*** Information given ***

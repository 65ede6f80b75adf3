-- ===== src/Adapters/Kdb/Between.antt =====
-- The rows of a table of times between two of them.
use wingfoil.Base.{
  ℕ, ◌≤◌, ◌≡◌, refl, sym, ap, ◌∙◌, Bool, true, false, ◌&&◌, List, [], ◌∷◌, ◌++◌, arith, ltb, leb,
  filter_by, max, min, Bool-cases, inl, inr,
}
use wingfoil.Adapters.Kdb.Read.{Item, row}

abbrev pub inside : ℕ → ℕ → ℕ → Bool
inside lo hi t = leb lo t && ltb t hi

inside-clamp :
    (t0 t1 start end_ t : ℕ)
    → inside (max t0 start) (min t1 end_) t ≡ inside start end_ t && inside t0 t1 t
inside-clamp t0 t1 start end_ t = ground arith

module _ {T : Type 0} where
  abbrev pub between : ℕ → ℕ → List (ℕ × T) → List (ℕ × T)
  between lo hi l = filter_by (λ (r : ℕ × T). inside lo hi r.0) l

  -- The times are at least `lo` and do not fall.
  abbrev pub Sorted : ℕ → List (ℕ × T) → Type 0
  Sorted lo [] = Unit
  Sorted lo ((t, x) ∷ l) = (lo ≤ t) × Sorted t l

  abbrev pub as_items : List (ℕ × T) → List (Item T)
  as_items [] = []
  as_items ((t, x) ∷ l) = row t x ∷ as_items l

  pub as_items-append : (l k : List (ℕ × T)) → as_items (l ++ k) ≡ as_items l ++ as_items k
  as_items-append [] k = refl
  as_items-append ((t, x) ∷ l) k = ap (λ items. row t x ∷ items) (as_items-append l k)

  Sorted-le : (lo lo' : ℕ) (l : List (ℕ × T)) → lo ≤ lo' → Sorted lo' l → Sorted lo l
  Sorted-le lo lo' [] le h = tt
  Sorted-le lo lo' ((t, x) ∷ l) le h = (omega (arith, h.0), h.1)

  pub Sorted-between : (lo hi b : ℕ) (l : List (ℕ × T)) → Sorted b l → Sorted b (between lo hi l)
  Sorted-between lo hi b [] h = tt
  Sorted-between lo hi b ((t, x) ∷ l) h = elim (Bool-cases (inside lo hi t)) [
    | inl on ↦ rw on (h.0, Sorted-between lo hi t l h.1)
    | inr off ↦ rw off (Sorted-le b t (between lo hi l) h.0 (Sorted-between lo hi t l h.1))
  ]

  -- A window that is cut to the run.
  pub between-clamp :
      (t0 t1 start end_ : ℕ) (l : List (ℕ × T))
      → between (max t0 start) (min t1 end_) l ≡ between start end_ (between t0 t1 l)
  between-clamp t0 t1 start end_ [] = refl
  between-clamp t0 t1 start end_ ((t, x) ∷ l) = elim (Bool-cases (inside t0 t1 t)) [
    | inl on ↦ elim (Bool-cases (inside start end_ t)) [
      | inl hit ↦
          rw (inside-clamp t0 t1 start end_ t, on, hit)
            (ap (λ k. (t, x) ∷ k) (between-clamp t0 t1 start end_ l))
      | inr miss ↦ rw (inside-clamp t0 t1 start end_ t, on, miss) (between-clamp t0 t1 start end_ l)
    ]
    | inr off ↦ elim (Bool-cases (inside start end_ t)) [
      | inl hit ↦ rw (inside-clamp t0 t1 start end_ t, off, hit) (between-clamp t0 t1 start end_ l)
      | inr miss ↦
          rw (inside-clamp t0 t1 start end_ t, off, miss) (between-clamp t0 t1 start end_ l)
    ]
  ]

  pub between-swap :
      (a b c d : ℕ) (l : List (ℕ × T)) → between a b (between c d l) ≡ between c d (between a b l)
  between-swap a b c d [] = refl
  between-swap a b c d ((t, x) ∷ l) = elim (Bool-cases (inside a b t)) [
    | inl on ↦ elim (Bool-cases (inside c d t)) [
      | inl hit ↦ rw (on, hit, on) (ap (λ k. (t, x) ∷ k) (between-swap a b c d l))
      | inr miss ↦ rw (on, miss) (between-swap a b c d l)
    ]
    | inr off ↦ elim (Bool-cases (inside c d t)) [
      | inl hit ↦ rw (off, hit, off) (between-swap a b c d l)
      | inr miss ↦ rw (off, miss) (between-swap a b c d l)
    ]
  ]

  between-none : (lo hi b : ℕ) (l : List (ℕ × T)) → hi ≤ b → Sorted b l → between lo hi l ≡ []
  between-none lo hi b [] le h = refl
  between-none lo hi b ((t, x) ∷ l) le h =
      let out : inside lo hi t ≡ false = ground (arith, h.0) in
      rw out (between-none lo hi t l (omega (arith, h.0)) h.1)

  -- Neighbouring windows of a sorted table.
  pub between-join :
      (lo mid hi b : ℕ) (l : List (ℕ × T))
      → lo ≤ mid
      → mid ≤ hi
      → Sorted b l
      → between lo mid l ++ between mid hi l ≡ between lo hi l
  between-join lo mid hi b [] le le' h = refl
  between-join lo mid hi b ((t, x) ∷ l) le le' h = elim (Bool-cases (ltb t mid)) [
    | inl early ↦
        let ih = between-join lo mid hi t l le le' h.1 in
        let second : inside mid hi t ≡ false = ground (arith, early) in
        elim (Bool-cases (leb lo t)) [
          | inl hit ↦
              let first : inside lo mid t ≡ true = ground (arith, early, hit) in
              let whole : inside lo hi t ≡ true = ground (arith, early, hit) in
              rw (first, second, whole) (ap (λ k. (t, x) ∷ k) ih)
          | inr miss ↦
              let first : inside lo mid t ≡ false = ground (arith, early, miss) in
              let whole : inside lo hi t ≡ false = ground (arith, early, miss) in
              rw (first, second, whole) ih
        ]
    | inr late ↦
        let same : inside mid hi t ≡ inside lo hi t = ground (arith, late) in
        let ih = between-join lo mid hi t l le le' h.1 in
        let none_ =
          between-none lo mid mid ((t, x) ∷ l) (omega arith) (ground (arith, late), h.1) in
        let rest = between-none lo mid t l (ground (arith, late)) h.1 in
        let tails : between mid hi l ≡ between lo hi l =
          ap (λ k. k ++ between mid hi l) (sym rest) ∙ ih in
        ap (λ k. k ++ between mid hi ((t, x) ∷ l)) none_ ∙ elim (Bool-cases (inside lo hi t)) [
          | inl hit ↦ rw (same, hit) (ap (λ k. (t, x) ∷ k) tails)
          | inr miss ↦ rw (same, miss) tails
        ]
  ]

  -- All rows of a run are in a window around it.
  pub between-around :
      (lo hi start end_ : ℕ) (l : List (ℕ × T))
      → lo ≤ start
      → end_ ≤ hi
      → between lo hi (between start end_ l) ≡ between start end_ l
  between-around lo hi start end_ [] le le' = refl
  between-around lo hi start end_ ((t, x) ∷ l) le le' = elim (Bool-cases (inside start end_ t)) [
    | inl on ↦
        let wide : inside lo hi t ≡ true = ground (arith, on) in
        rw on (rw wide (ap (λ k. (t, x) ∷ k) (between-around lo hi start end_ l le le')))
    | inr off ↦ rw off (between-around lo hi start end_ l le le')
  ]

  pub between-empty : (lo : ℕ) (l : List (ℕ × T)) → between lo lo l ≡ []
  between-empty lo [] = refl
  between-empty lo ((t, x) ∷ l) =
      let out : inside lo lo t ≡ false = ground arith in rw out (between-empty lo l)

***

Return a copy of each line in the records above that has "false" in it.

*Result for this task*.
  ℕ, ◌≤◌, ◌≡◌, refl, sym, ap, ◌∙◌, Bool, true, false, ◌&&◌, List, [], ◌∷◌, ◌++◌, arith, ltb, leb,
      let out : inside lo hi t ≡ false = ground (arith, h.0) in
        let second : inside mid hi t ≡ false = ground (arith, early) in
              let first : inside lo mid t ≡ false = ground (arith, early, miss) in
              let whole : inside lo hi t ≡ false = ground (arith, early, miss) in
      let out : inside lo lo t ≡ false = ground arith in rw out (between-empty lo l)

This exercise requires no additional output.